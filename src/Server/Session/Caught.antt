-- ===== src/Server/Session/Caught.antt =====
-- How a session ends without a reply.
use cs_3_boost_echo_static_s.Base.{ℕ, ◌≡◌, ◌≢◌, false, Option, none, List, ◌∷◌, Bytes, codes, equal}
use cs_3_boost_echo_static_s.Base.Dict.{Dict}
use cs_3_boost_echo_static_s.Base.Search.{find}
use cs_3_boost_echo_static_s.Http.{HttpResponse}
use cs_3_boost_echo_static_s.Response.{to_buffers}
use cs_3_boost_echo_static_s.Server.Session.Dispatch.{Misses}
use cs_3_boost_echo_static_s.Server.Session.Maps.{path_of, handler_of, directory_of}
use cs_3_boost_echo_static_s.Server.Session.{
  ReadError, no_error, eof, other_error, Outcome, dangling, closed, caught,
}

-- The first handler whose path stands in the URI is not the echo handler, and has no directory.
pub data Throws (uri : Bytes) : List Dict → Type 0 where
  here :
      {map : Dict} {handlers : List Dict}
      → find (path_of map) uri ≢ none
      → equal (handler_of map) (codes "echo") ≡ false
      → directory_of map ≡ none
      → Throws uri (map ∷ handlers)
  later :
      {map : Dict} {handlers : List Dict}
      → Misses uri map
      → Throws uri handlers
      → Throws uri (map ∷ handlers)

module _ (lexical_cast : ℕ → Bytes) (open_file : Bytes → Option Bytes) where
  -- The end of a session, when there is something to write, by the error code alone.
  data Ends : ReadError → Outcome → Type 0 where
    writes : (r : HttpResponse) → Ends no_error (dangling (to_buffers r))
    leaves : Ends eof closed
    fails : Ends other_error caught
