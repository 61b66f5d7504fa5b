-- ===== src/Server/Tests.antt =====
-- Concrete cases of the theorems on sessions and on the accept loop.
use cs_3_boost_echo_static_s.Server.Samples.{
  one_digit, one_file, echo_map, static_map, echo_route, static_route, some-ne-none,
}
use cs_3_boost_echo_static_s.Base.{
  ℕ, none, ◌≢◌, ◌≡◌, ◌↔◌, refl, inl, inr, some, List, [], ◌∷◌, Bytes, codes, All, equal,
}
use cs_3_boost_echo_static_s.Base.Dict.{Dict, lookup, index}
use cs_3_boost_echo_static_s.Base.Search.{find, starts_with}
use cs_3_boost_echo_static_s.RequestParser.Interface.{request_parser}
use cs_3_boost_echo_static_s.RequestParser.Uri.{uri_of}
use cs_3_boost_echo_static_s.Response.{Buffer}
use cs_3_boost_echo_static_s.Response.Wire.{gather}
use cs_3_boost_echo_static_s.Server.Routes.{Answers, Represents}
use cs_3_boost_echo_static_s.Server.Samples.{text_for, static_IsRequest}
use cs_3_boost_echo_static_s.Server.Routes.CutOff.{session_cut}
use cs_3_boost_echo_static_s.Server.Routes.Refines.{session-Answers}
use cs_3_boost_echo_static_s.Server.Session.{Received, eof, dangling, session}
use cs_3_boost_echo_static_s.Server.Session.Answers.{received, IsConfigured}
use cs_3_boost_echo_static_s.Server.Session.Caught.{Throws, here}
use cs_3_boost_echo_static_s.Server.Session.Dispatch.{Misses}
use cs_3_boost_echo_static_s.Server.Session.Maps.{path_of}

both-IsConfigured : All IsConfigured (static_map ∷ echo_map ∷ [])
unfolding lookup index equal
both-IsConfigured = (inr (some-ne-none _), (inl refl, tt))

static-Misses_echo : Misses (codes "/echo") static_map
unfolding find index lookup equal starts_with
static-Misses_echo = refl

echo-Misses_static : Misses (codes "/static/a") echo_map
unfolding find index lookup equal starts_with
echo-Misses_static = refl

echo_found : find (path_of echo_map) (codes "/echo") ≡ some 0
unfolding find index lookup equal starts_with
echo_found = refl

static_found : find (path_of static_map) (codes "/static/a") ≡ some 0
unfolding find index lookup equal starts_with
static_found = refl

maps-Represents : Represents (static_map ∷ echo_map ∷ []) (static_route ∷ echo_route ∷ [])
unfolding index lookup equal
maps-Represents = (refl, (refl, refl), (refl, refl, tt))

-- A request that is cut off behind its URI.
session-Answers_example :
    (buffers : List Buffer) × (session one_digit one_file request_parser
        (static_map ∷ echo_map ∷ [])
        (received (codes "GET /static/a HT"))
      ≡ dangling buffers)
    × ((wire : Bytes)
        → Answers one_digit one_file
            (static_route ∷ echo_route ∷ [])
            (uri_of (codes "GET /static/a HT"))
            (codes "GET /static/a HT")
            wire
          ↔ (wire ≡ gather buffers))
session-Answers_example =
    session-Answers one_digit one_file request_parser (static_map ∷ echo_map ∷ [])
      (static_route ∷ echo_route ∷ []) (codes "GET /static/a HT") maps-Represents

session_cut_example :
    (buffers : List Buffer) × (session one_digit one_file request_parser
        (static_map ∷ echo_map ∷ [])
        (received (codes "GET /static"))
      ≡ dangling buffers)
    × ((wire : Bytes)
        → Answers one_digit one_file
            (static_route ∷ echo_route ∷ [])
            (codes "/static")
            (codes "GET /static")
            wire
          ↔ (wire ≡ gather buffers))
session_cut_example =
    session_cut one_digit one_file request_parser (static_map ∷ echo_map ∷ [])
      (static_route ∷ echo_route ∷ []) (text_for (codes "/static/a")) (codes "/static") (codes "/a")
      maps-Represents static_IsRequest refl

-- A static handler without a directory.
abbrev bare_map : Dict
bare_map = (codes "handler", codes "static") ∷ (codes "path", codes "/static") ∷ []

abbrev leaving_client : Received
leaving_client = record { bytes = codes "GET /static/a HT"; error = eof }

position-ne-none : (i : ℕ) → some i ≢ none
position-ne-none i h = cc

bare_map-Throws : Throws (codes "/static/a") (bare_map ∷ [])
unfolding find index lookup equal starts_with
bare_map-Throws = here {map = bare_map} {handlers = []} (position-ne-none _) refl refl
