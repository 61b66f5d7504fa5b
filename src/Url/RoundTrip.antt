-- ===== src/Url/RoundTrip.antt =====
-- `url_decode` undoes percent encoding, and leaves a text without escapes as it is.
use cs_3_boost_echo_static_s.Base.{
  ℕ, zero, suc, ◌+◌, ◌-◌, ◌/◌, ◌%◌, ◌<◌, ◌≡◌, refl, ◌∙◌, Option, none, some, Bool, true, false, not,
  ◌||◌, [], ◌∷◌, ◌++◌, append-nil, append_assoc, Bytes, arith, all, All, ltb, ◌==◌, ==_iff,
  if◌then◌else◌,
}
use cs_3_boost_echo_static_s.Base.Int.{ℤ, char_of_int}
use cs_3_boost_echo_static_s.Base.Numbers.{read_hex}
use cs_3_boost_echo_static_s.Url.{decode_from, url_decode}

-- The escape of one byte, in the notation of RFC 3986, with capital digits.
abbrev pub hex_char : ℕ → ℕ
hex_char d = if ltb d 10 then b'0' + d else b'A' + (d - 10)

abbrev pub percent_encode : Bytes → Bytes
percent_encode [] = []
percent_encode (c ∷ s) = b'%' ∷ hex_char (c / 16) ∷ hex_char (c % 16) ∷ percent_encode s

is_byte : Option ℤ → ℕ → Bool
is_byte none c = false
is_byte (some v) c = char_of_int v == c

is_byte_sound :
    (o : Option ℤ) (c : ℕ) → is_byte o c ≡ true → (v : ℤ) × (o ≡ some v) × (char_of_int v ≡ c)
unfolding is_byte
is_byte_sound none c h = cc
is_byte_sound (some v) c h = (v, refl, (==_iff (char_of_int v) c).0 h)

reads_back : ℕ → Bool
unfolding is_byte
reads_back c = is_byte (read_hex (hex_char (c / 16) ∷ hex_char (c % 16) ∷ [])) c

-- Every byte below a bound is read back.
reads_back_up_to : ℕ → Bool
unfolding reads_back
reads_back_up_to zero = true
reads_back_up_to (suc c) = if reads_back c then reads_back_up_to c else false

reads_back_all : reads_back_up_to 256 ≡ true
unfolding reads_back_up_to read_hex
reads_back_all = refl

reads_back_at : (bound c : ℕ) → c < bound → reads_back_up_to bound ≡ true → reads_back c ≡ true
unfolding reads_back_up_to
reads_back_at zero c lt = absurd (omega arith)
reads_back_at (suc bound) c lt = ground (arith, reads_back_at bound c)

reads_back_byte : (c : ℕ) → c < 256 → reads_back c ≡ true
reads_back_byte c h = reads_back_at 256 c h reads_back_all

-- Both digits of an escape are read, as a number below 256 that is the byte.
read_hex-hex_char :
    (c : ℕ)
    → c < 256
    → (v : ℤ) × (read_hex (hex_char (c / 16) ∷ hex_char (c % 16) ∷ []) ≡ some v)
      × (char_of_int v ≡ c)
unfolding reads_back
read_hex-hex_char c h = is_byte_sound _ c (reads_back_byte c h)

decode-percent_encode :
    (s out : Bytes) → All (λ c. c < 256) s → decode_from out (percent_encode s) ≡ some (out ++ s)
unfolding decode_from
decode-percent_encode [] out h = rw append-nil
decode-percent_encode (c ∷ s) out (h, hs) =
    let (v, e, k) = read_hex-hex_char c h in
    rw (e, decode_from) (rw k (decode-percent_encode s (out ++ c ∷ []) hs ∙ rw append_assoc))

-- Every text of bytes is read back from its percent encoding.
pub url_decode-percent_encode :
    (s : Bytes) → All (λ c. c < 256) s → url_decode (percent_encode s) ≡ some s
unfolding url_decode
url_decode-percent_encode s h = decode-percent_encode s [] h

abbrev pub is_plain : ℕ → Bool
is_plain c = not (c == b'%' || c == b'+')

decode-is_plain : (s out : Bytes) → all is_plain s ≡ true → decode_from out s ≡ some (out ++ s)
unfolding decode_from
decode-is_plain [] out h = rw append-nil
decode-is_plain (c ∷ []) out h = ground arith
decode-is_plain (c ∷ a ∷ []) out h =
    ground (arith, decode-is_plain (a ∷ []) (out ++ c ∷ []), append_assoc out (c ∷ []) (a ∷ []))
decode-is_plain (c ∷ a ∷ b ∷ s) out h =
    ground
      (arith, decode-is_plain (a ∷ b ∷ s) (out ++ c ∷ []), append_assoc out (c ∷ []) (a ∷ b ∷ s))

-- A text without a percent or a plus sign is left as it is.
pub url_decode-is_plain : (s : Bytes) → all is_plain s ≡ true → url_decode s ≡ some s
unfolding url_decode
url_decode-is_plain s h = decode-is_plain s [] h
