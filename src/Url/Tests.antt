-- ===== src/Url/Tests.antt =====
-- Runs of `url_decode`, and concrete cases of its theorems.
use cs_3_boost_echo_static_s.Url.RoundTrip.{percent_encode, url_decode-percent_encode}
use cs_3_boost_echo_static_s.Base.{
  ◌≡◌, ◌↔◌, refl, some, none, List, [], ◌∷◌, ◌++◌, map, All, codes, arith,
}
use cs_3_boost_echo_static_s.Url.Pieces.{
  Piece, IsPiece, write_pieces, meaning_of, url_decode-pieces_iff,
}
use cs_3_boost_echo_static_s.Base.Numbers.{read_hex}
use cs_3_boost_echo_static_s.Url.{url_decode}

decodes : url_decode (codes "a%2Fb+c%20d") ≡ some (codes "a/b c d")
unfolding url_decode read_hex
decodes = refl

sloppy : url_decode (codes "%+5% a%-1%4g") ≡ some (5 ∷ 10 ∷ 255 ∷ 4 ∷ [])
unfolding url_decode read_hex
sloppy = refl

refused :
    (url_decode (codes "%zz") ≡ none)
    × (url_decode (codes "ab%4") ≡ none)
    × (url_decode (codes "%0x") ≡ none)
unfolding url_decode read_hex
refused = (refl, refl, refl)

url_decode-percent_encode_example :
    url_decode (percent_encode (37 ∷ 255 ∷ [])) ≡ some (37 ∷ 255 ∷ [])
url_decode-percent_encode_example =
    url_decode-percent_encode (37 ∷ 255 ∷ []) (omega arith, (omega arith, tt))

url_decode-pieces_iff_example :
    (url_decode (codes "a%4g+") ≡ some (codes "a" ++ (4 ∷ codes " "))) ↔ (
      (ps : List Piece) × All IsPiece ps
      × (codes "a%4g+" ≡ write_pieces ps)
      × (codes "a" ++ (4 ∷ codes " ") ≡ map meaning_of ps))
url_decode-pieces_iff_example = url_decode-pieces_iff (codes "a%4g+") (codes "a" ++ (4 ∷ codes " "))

■ ■ ■ ■ ■ ■ ■

Work required:
Copy out each line of the material in which the word "leaves" turns up.

Answer:
    leaves : Ends eof closed
-- `url_decode` undoes percent encoding, and leaves a text without escapes as it is.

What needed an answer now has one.